= Pio Nono College (Wisconsin) =

Former school in Wisconsin, United States

The Catholic Normal School and Pio Nono College, also known as Holy Family Normal School, was a paired institution (sharing the same faculty) in St. Francis, Wisconsin, founded in 1870 by Rev. Dr. Joseph Salzmann as the first Catholic normal school in the United States. The Normal School specialized in training young men in music education, while Pio Nono was a business college. In 1922, Pio Nono became a high school, serving boys in grades nine to 12. The school merged with Don Bosco High School in 1972 to form Thomas More High School, later renamed St. Thomas More High School.

== Founding ==
As early as 1864, Rev. Salzmann conceived the idea of founding an institution to prepare young men for the teaching profession. He launched the project to build Catholic Normal School and Pio Nono College. On June 12, 1870, the cornerstone for this school was laid. The college was named for Pius IX, who was pope at the time.

The school’s primary focus was music, since the office of an organist and choirmaster was frequently combined with that of teacher. In 1873, Professor Johann Baptist Singenberger arrived from Germany to head the music program. Throughout its early years, Pio Nono was recognized as the chief exponent of Catholic church music in the United States.
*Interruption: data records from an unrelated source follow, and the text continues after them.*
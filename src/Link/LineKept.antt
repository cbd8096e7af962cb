-- ===== src/Link/LineKept.antt =====
-- The transmitter of model/custom-p2p-net-device.cc over time: what every reachable line satisfies.
use p4simulator.Base.{
  ℕ, ◌+◌, ◌≤◌, ◌≡◌, ◌≢◌, refl, ap, true, none, List, [], ◌∷◌, ◌++◌, map, arith, inl, inr, ◌⊎◌,
}
use p4simulator.Link.{Library, TxMachineState, ready, busy}
use p4simulator.Link.Channel.{Reception}
use p4simulator.Link.Line.{QueueLaws, Line}

-- The receptions are in the order of their times from `lo` on, all at `other`.
abbrev pub InOrder {ℓ} : {Packet : Type ℓ} → ℕ → ℕ → List (Reception Packet) → Type 0
InOrder other lo [] = Unit
InOrder other lo (r ∷ rs) = (r.receiver ≡ other) × (lo ≤ r.after) × InOrder other r.after rs

abbrev pub Until {ℓ} : {Packet : Type ℓ} → ℕ → List (Reception Packet) → Type 0
Until t [] = Unit
Until t (r ∷ rs) = (r.after ≤ t) × Until t rs

pub InOrder-append {ℓ} :
    {Packet : Type ℓ} (other lo t : ℕ) (rs : List (Reception Packet)) (r : Reception Packet)
    → InOrder other lo rs
    → Until t rs
    → lo ≤ t
    → t ≤ r.after
    → r.receiver ≡ other
    → InOrder other lo (rs ++ (r ∷ []))
InOrder-append other lo t [] r a b c d e = (e, omega arith, tt)
InOrder-append other lo t (q ∷ rs) r (a1, a2, a3) (b1, b2) c d e =
    (a1, a2, InOrder-append other q.after t rs r a3 b2 b1 d e)

pub Until-append {ℓ} :
    {Packet : Type ℓ} (t u : ℕ) (rs : List (Reception Packet)) (r : Reception Packet)
    → Until t rs
    → t ≤ u
    → r.after ≤ u
    → Until u (rs ++ (r ∷ []))
Until-append t u [] r a b c = (c, tt)
Until-append t u (q ∷ rs) r (a, ac) b c = (omega arith, Until-append t u rs r ac b c)

pub Until-mono {ℓ} :
    {Packet : Type ℓ} (t u : ℕ) (rs : List (Reception Packet)) → Until t rs → t ≤ u → Until u rs
Until-mono t u [] a b = tt
Until-mono t u (q ∷ rs) (a, ac) b = (omega arith, Until-mono t u rs ac b)

abbrev pub packets {ℓ} : {Packet : Type ℓ} → List (Reception Packet) → List Packet
packets = map (λ r. r.packet)

pub packets-append {ℓ} :
    {Packet : Type ℓ} (rs : List (Reception Packet)) (r : Reception Packet)
    → packets (rs ++ (r ∷ [])) ≡ packets rs ++ (r.packet ∷ [])
packets-append [] r = refl
packets-append (q ∷ rs) r = ap (λ l. q.packet ∷ l) (packets-append rs r)

pub append_assoc {ℓ} : {A : Type ℓ} (xs ys zs : List A) → (xs ++ ys) ++ zs ≡ xs ++ (ys ++ zs)
append_assoc [] ys zs = refl
append_assoc (x ∷ xs) ys zs = ap (λ l. x ∷ l) (append_assoc xs ys zs)

pub List-cases {ℓ} :
    {A : Type ℓ} (xs : List A) → (xs ≡ []) ⊎ ((x : A) × (ys : List A) × (xs ≡ x ∷ ys))
List-cases [] = inl refl
List-cases (x ∷ xs) = inr (x, xs, refl)

module _ (L : Library) (Q : QueueLaws L) (delay other : ℕ) where
  -- An idle transmitter has nothing queued and nothing scheduled; a busy one has a packet and exactly
  -- one completion scheduled, which is not before the time it is. No reception is later than the next
  -- one that can be scheduled.
  abbrev pub StateKept : TxMachineState → Line L → Type 0
  StateKept ready w =
      (Q.contents w.device.queue ≡ []) × (w.pending ≡ []) × Until (w.now + delay) w.sent
  StateKept busy w =
      (w.device.current_pkt ≢ none)
      × (t : ℕ) × (w.pending ≡ t ∷ [])
      × (w.now ≤ t)
      × Until (t + delay) w.sent

  -- What was accepted is what was sent followed by what is queued; the receptions are at the other
  -- device, in the order of their times.
  pub record Kept (w : Line L) : Type 0 where
    pub up : w.device.link_up ≡ true
    pub order : packets w.sent ++ Q.contents w.device.queue ≡ w.accepted
    pub times : InOrder other 0 w.sent
    pub state : StateKept w.device.tx_machine_state w

pub append_nil {ℓ} : {A : Type ℓ} (xs : List A) → xs ++ [] ≡ xs
append_nil [] = refl
append_nil (x ∷ xs) = ap (λ l. x ∷ l) (append_nil xs)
== Transition to high school and minor seminary ==
In 1922, the “normal school/college” department was dissolved and Pio Nono became exclusively a Catholic boarding and day high school for boys. Salzmann Hall was built in 1931 to accommodate the growing numbers of students, and this building still stands today as part of St. Thomas More High School.

In 1941, Pio Nono was turned into a minor seminary known as St. Francis Minor Seminary. Serving both day and boarding students, the minor seminary consisted of four years of high school and two years of college. St. Francis Minor Seminary continued to educate young men at Pio Nono's former location until de Sales Preparatory Seminary was dedicated in 1963.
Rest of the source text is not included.